Items from a data source:
::::::::

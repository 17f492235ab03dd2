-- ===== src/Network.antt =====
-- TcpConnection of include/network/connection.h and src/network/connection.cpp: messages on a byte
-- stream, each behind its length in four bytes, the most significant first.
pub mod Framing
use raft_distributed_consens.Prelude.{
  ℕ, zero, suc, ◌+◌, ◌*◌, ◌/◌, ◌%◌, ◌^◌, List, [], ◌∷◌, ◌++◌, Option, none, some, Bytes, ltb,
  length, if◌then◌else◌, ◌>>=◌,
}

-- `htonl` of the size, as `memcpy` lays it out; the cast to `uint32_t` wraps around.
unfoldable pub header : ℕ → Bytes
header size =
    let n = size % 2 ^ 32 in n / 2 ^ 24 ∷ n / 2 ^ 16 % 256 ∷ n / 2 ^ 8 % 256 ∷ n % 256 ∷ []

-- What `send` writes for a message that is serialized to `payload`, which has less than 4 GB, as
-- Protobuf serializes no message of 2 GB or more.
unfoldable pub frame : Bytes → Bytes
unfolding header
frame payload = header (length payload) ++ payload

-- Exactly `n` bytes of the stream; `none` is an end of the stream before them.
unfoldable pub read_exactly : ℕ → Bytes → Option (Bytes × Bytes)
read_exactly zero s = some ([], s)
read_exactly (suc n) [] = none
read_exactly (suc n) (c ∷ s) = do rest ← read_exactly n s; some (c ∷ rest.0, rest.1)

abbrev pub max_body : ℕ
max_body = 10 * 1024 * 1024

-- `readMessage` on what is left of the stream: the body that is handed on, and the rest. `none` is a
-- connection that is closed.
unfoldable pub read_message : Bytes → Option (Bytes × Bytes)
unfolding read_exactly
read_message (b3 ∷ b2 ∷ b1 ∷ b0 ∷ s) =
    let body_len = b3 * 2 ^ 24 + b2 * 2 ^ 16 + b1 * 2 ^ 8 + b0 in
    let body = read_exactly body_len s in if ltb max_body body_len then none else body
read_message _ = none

::::::::

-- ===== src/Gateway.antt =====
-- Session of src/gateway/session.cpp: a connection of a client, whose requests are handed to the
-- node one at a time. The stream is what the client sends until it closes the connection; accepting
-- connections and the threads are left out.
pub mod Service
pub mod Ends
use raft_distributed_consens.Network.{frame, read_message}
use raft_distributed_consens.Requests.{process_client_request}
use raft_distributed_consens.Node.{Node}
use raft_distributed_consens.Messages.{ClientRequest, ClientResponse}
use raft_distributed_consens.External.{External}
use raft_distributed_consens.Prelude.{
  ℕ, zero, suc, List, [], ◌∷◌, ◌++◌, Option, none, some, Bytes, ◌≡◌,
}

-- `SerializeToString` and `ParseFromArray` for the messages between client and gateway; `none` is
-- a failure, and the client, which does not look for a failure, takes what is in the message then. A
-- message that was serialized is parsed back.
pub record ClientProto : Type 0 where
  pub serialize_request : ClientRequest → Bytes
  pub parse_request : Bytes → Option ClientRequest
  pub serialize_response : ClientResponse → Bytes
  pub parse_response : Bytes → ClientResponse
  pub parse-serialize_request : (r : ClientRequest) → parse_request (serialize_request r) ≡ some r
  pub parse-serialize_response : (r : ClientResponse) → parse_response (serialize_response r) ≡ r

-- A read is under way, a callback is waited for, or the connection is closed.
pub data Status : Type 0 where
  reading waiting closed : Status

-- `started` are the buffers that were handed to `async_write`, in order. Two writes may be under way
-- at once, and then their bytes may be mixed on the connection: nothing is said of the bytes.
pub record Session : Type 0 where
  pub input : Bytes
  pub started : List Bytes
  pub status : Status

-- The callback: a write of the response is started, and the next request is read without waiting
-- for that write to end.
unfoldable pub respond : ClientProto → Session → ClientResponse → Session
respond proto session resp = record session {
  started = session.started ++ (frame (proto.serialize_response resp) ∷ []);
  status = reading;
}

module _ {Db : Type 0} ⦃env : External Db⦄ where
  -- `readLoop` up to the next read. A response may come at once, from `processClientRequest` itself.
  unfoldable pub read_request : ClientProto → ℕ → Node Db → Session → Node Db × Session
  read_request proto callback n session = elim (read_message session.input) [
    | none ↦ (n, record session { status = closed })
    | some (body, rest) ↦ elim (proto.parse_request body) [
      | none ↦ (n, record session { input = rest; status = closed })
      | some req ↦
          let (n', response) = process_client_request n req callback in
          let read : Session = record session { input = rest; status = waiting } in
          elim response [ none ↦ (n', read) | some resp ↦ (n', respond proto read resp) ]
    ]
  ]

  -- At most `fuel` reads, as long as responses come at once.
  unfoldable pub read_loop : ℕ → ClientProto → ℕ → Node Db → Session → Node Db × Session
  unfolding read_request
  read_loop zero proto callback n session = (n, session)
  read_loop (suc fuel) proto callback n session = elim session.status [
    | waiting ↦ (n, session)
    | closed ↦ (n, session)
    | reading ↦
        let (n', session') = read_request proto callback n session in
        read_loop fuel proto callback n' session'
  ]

::::::::

▸ **Exercise prompt**
Of the entries listed above, reproduce only the lines starting at the line containing "repository 17f492235ab03dd2" and ending at the line containing "let n = size". Include both, exactly as they stand.

▸ **Solution to this task**
repository 17f492235ab03dd2
-- ===== src/Network.antt =====
-- TcpConnection of include/network/connection.h and src/network/connection.cpp: messages on a byte
-- stream, each behind its length in four bytes, the most significant first.
pub mod Framing
use raft_distributed_consens.Prelude.{
  ℕ, zero, suc, ◌+◌, ◌*◌, ◌/◌, ◌%◌, ◌^◌, List, [], ◌∷◌, ◌++◌, Option, none, some, Bytes, ltb,
  length, if◌then◌else◌, ◌>>=◌,
}

-- `htonl` of the size, as `memcpy` lays it out; the cast to `uint32_t` wraps around.
unfoldable pub header : ℕ → Bytes
header size =
    let n = size % 2 ^ 32 in n / 2 ^ 24 ∷ n / 2 ^ 16 % 256 ∷ n / 2 ^ 8 % 256 ∷ n % 256 ∷ []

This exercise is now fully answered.